Retratar hoje o período da pandemia de Covid em um filme pode ser arriscado. Entre as possibilidades, pode-se criar uma obra que ouse com os gêneros e, de repente, até transforme a experiência em algo bastante individual para seus protagonistas. Mas também é possível optar por algo mais seguro, fazendo um retrato fiel do que foi vivido e mergulhando na reflexão dos personagens sobre o momento. Em Tempo Suspenso (Hors du temps), o diretor francês Olivier Assayas segue essa segunda opção, infelizmente.
Paul (Vincent Macaigne), um diretor de cinema, e seu irmão Etienne (Micha Lescot), um jornalista cultural, estão confinados juntos na casa de infância com suas parceiras, Morgane (Nine d’Urso) e Carole (Nora Hamzawi). A relação entre os quatro restritos pelo lockdown é intercalada com narrações do diretor, que explica para o público sobre a casa, cômodos e objetos importantes para a história da família.
A convivência entre os dois irmãos é a central do longa; eles discutem referências artísticas e relembram o passado familiar. Um atrito ou outro é gerado, mas as principais questões são sempre sobre a diferença de como cada um lida com a quarentena. Hoje, pouco tempo após o que vivemos coletivamente, o filme desperdiça longos e chatos minutos em discussões sobre proteção contra o coronavírus e na obsessão do protagonista por higiene.

As mulheres da história servem apenas para comentar as crises dos homens, dando uma informação aqui e ali sobre os relacionamentos passados dos dois. As únicas conversas que as duas têm sozinhas é, pasmem, também sobre os relacionamentos de ambas. Há ainda a presença da ex-mulher, da filha e da terapeuta de Paul. Coitada dessa última. As conversas servem apenas para “elevar” o personagem principal e acrescentar críticas sociais fáceis, como a proibição de que a filha assista Netflix (estamos falando do período pandêmico, veja só!).

O pedantismo, aliás, está presente em ambas as esferas do longa.
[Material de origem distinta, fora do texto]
-- ===== src/Crypt/Gcm.antt =====
-- A library that does AES-GCM, and what the two functions compute with it.
use mathlib.Core.List.{append-nil}
use trusty_platform_sand.Base.{
  take-drop, ℕ, ◌+◌, ◌<◌, ◌≤◌, ◌≡◌, ◌≢◌, refl, ◌∙◌, ap, Bool, true, false, pos, Option, some, List,
  [], ◌∷◌, arith, leb, length, take, drop, slice, take-append_all,
}
use trusty_platform_sand.Crypt.{
  Rc, Call, encrypt_init, decrypt_init, set_ivlen, crypt, finish, get_tag, set_tag, Evp, Work, next,
  exit, Op, ◌>>=◌, to_int, splice, call, call_storing, copy_out,
}
use trusty_platform_sand.Crypt.Made.{after_aad}

-- The calls of a direction before its data.
abbrev pub prepared : Call → ℕ → Option (List ℕ) → ℕ → List Call
prepared c iv_size aad aad_size = after_aad aad aad_size (set_ivlen (to_int iv_size) ∷ c ∷ [])

-- The initialisation of an encryption or a decryption
abbrev pub init : List ℕ → List ℕ → Bool → Call
init key iv true = encrypt_init key iv
init key iv false = decrypt_init key iv

-- What the library documents for a key, a vector and additional data: every call of the two
-- directions succeeds, the text is combined with a stream of its length, a tag has 16 bytes and
-- depends on the cipher text, and the final call of a decryption succeeds exactly with that tag.
-- `memcpy_s` of two equal sizes that are not 0 copies the bytes.
pub record IsGcm (evp : Evp) (key iv : List ℕ) (iv_size : ℕ) (aad : Option (List ℕ)) (aad_size : ℕ)
    : Type 0 where
  pub stream : List ℕ → List ℕ
  pub mac : List ℕ → List ℕ
  pub stream_twice : (p : List ℕ) → stream (stream p) ≡ p
  pub stream_length : (p : List ℕ) → length (stream p) ≡ length p
  pub mac_length : (p : List ℕ) → length (mac p) ≡ 16
  pub has_ctx : evp.ctx_new ≡ true
  pub copies : (d s : List ℕ) → length d ≡ length s → 0 < length s → evp.memcpy_s d s ≡ (true, s)
  pub begins : (encrypting : Bool) → evp.succeeds (init key iv encrypting ∷ []) ≡ true
  pub sets_iv :
      (encrypting : Bool)
      → evp.succeeds (set_ivlen (to_int iv_size) ∷ init key iv encrypting ∷ []) ≡ true
  pub takes_aad :
      (encrypting : Bool) (a : List ℕ)
      → aad ≡ some a
      → evp.succeeds (prepared (init key iv encrypting) iv_size aad aad_size) ≡ true
  pub crypts :
      (encrypting : Bool) (text : List ℕ) (m : ℕ)
      → evp.succeeds (crypt text (pos m) ∷ prepared (init key iv encrypting) iv_size aad aad_size)
        ≡ true
  pub crypted :
      (encrypting : Bool) (text : List ℕ) (m : ℕ)
      → evp.stores (crypt text (pos m) ∷ prepared (init key iv encrypting) iv_size aad aad_size)
        ≡ stream (take m text)
  pub finishes :
      (text : List ℕ) (m : ℕ)
      → evp.succeeds
          (finish ∷ crypt text (pos m) ∷ prepared (encrypt_init key iv) iv_size aad aad_size)
        ≡ true
  pub finished : (h : List Call) → evp.stores (finish ∷ h) ≡ []
  pub gives_tag :
      (text : List ℕ) (m : ℕ)
      → evp.succeeds (
          get_tag 16
          ∷ finish
          ∷ crypt text (pos m)
          ∷ prepared (encrypt_init key iv) iv_size aad aad_size)
        ≡ true
  pub tag_is :
      (text : List ℕ) (m : ℕ)
      → evp.stores (
          get_tag 16
          ∷ finish
          ∷ crypt text (pos m)
          ∷ prepared (encrypt_init key iv) iv_size aad aad_size)
        ≡ mac (stream (take m text))
  pub takes_tag :
      (tag text : List ℕ) (m : ℕ)
      → evp.succeeds
          (set_tag tag ∷ crypt text (pos m) ∷ prepared (decrypt_init key iv) iv_size aad aad_size)
        ≡ true
  pub accepts :
      (tag text : List ℕ) (m : ℕ)
      → tag ≡ mac (take m text)
      → evp.succeeds (
          finish
          ∷ set_tag tag
          ∷ crypt text (pos m)
          ∷ prepared (decrypt_init key iv) iv_size aad aad_size)
        ≡ true
  pub rejects :
      (tag text : List ℕ) (m : ℕ)
      → tag ≢ mac (take m text)
      → evp.succeeds (
          finish
          ∷ set_tag tag
          ∷ crypt text (pos m)
          ∷ prepared (decrypt_init key iv) iv_size aad aad_size)
        ≡ false

pub bind-next :
    {A B : Type 0} (m : Op A) (f : A → Op B) (w w' : Work) (a : A)
    → m w ≡ next a w'
    → (m >>= f) w ≡ f a w'
bind-next m f w w' a e = rw (e, ◌>>=◌)

pub bind-exit :
    {A B : Type 0} (m : Op A) (f : A → Op B) (w w' : Work) (rc : Rc)
    → m w ≡ exit rc w'
    → (m >>= f) w ≡ exit rc w'
bind-exit m f w w' rc e = rw (e, ◌>>=◌)

module _ (evp : Evp) where
  abbrev pub called : Call → Work → Work
  called c w = record w { calls = c ∷ w.calls }

  pub call-next :
      (c : Call) (rc : Rc) (w : Work)
      → evp.succeeds (c ∷ w.calls) ≡ true
      → call evp c rc w ≡ next tt (called c w)
  unfolding call
  call-next c rc w e = rw e refl

  pub call_storing-next :
      (offset : ℕ) (c : Call) (rc : Rc) (bytes : List ℕ) (w : Work)
      → evp.stores (c ∷ w.calls) ≡ bytes
      → offset + length bytes ≤ length w.out_buf
      → evp.succeeds (c ∷ w.calls) ≡ true
      → call_storing evp offset c rc w
        ≡ next
            (length bytes)
            (record w { calls = c ∷ w.calls; out_buf = splice offset bytes w.out_buf })
  unfolding call_storing call
  call_storing-next offset c rc bytes w e fits good =
      let inside : leb (offset + length bytes) (length w.out_buf) ≡ true = ground arith in
      rw (e, inside, good, ◌>>=◌, e) refl

  pub call_storing-exit :
      (offset : ℕ) (c : Call) (rc : Rc) (bytes : List ℕ) (w : Work)
      → evp.stores (c ∷ w.calls) ≡ bytes
      → offset + length bytes ≤ length w.out_buf
      → evp.succeeds (c ∷ w.calls) ≡ false
      → call_storing evp offset c rc w
        ≡ exit rc (record w { calls = c ∷ w.calls; out_buf = splice offset bytes w.out_buf })
  unfolding call_storing call
  call_storing-exit offset c rc bytes w e fits bad =
      let inside : leb (offset + length bytes) (length w.out_buf) ≡ true = ground arith in
      rw (e, inside, bad, ◌>>=◌) refl

  pub copy_out-next :
      (offset n : ℕ) (bytes : List ℕ) (w : Work)
      → take n w.out_buf ≡ bytes
      → evp.memcpy_s (slice offset n w.out) bytes ≡ (true, bytes)
      → offset + n ≤ length w.out
      → n ≤ length w.out_buf
      → copy_out evp offset n w ≡ next tt (record w { out = splice offset bytes w.out })
  unfolding copy_out
  copy_out-next offset n bytes w e copied fits room =
      let a : leb (offset + n) (length w.out) ≡ true = ground arith in
      let b : leb n (length w.out_buf) ≡ true = ground arith in rw (e, copied, a, b) refl

splice-nil : (offset : ℕ) (mem : List ℕ) → splice offset [] mem ≡ mem
splice-nil offset mem =
    let same : offset + 0 ≡ offset = omega arith in
    rw (append-nil (take offset mem), same) (take-drop offset mem)

-- The start of memory after bytes were stored there.
pub take-splice :
    (bytes mem : List ℕ) (m : ℕ) → length bytes ≡ m → take m (splice 0 bytes mem) ≡ bytes
take-splice bytes mem m e = take-append_all bytes (drop (0 + length bytes) mem) m e

module _ (evp : Evp) where
  -- A call that stores nothing.
  pub call_storing-none :
      (offset : ℕ) (c : Call) (rc : Rc) (w : Work)
      → evp.stores (c ∷ w.calls) ≡ []
      → offset ≤ length w.out_buf
      → evp.succeeds (c ∷ w.calls) ≡ true
      → call_storing evp offset c rc w ≡ next 0 (called evp c w)
  call_storing-none offset c rc w e fits good =
      call_storing-next evp offset c rc [] w e (omega arith) good
      ∙ ap (λ (b : List ℕ). next 0 (record w { calls = c ∷ w.calls; out_buf = b }))
          (splice-nil offset w.out_buf)

  pub call_storing-none_exit :
      (offset : ℕ) (c : Call) (rc : Rc) (w : Work)
      → evp.stores (c ∷ w.calls) ≡ []
      → offset ≤ length w.out_buf
      → evp.succeeds (c ∷ w.calls) ≡ false
      → call_storing evp offset c rc w ≡ exit rc (called evp c w)
  call_storing-none_exit offset c rc w e fits bad =
      call_storing-exit evp offset c rc [] w e (omega arith) bad
      ∙ ap (λ (b : List ℕ). exit rc (record w { calls = c ∷ w.calls; out_buf = b }))
          (splice-nil offset w.out_buf)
As narrações sobre o passado do lugar são repletas de referências vazias à escritores e pintores enquanto a história que acompanhamos chega a fazer um mergulho metalinguístico que é quase interessante nas reflexões de Paul enquanto diretor de cinema. Mas sempre há uma quebra mais pedante, como quando os personagens conversam sobre um podcast em que Jean Renoir fala sobre o próprio pai. Não bastasse o tema ser super exposto nas conversas, há até mesmo o uso de um lettering na tela para indicar determinadas obras citadas.
Tentando emular um cinema em que nada acontece e focado nos diálogos, a direção não chama atenção positivamente, exceto talvez ao intercalar entre as duas formas de narrativa apresentadas. Me preocupa, aliás, que Paul, o protagonista, seja uma projeção de Assayas na tela (com certeza é, ele chega até a citar uma possível parceria com Kristen Stewart para um de suas produções), uma vez que personagem beira o insuportável em momentos como o de sua obsessão por limpar uma panela queimada.

O epílogo, mais interessante que todo o resto, chega tarde demais e ocupa mais de dez minutos no final das quase duas longas horas de duração do longa. Há uma conversa bonita, e presencial, de Paul com sua filha, que também é uma menina meio pedante, mas que mostra uma ponta de esperança de que talvez não siga o caminho bastante enfadonho de seus familiares.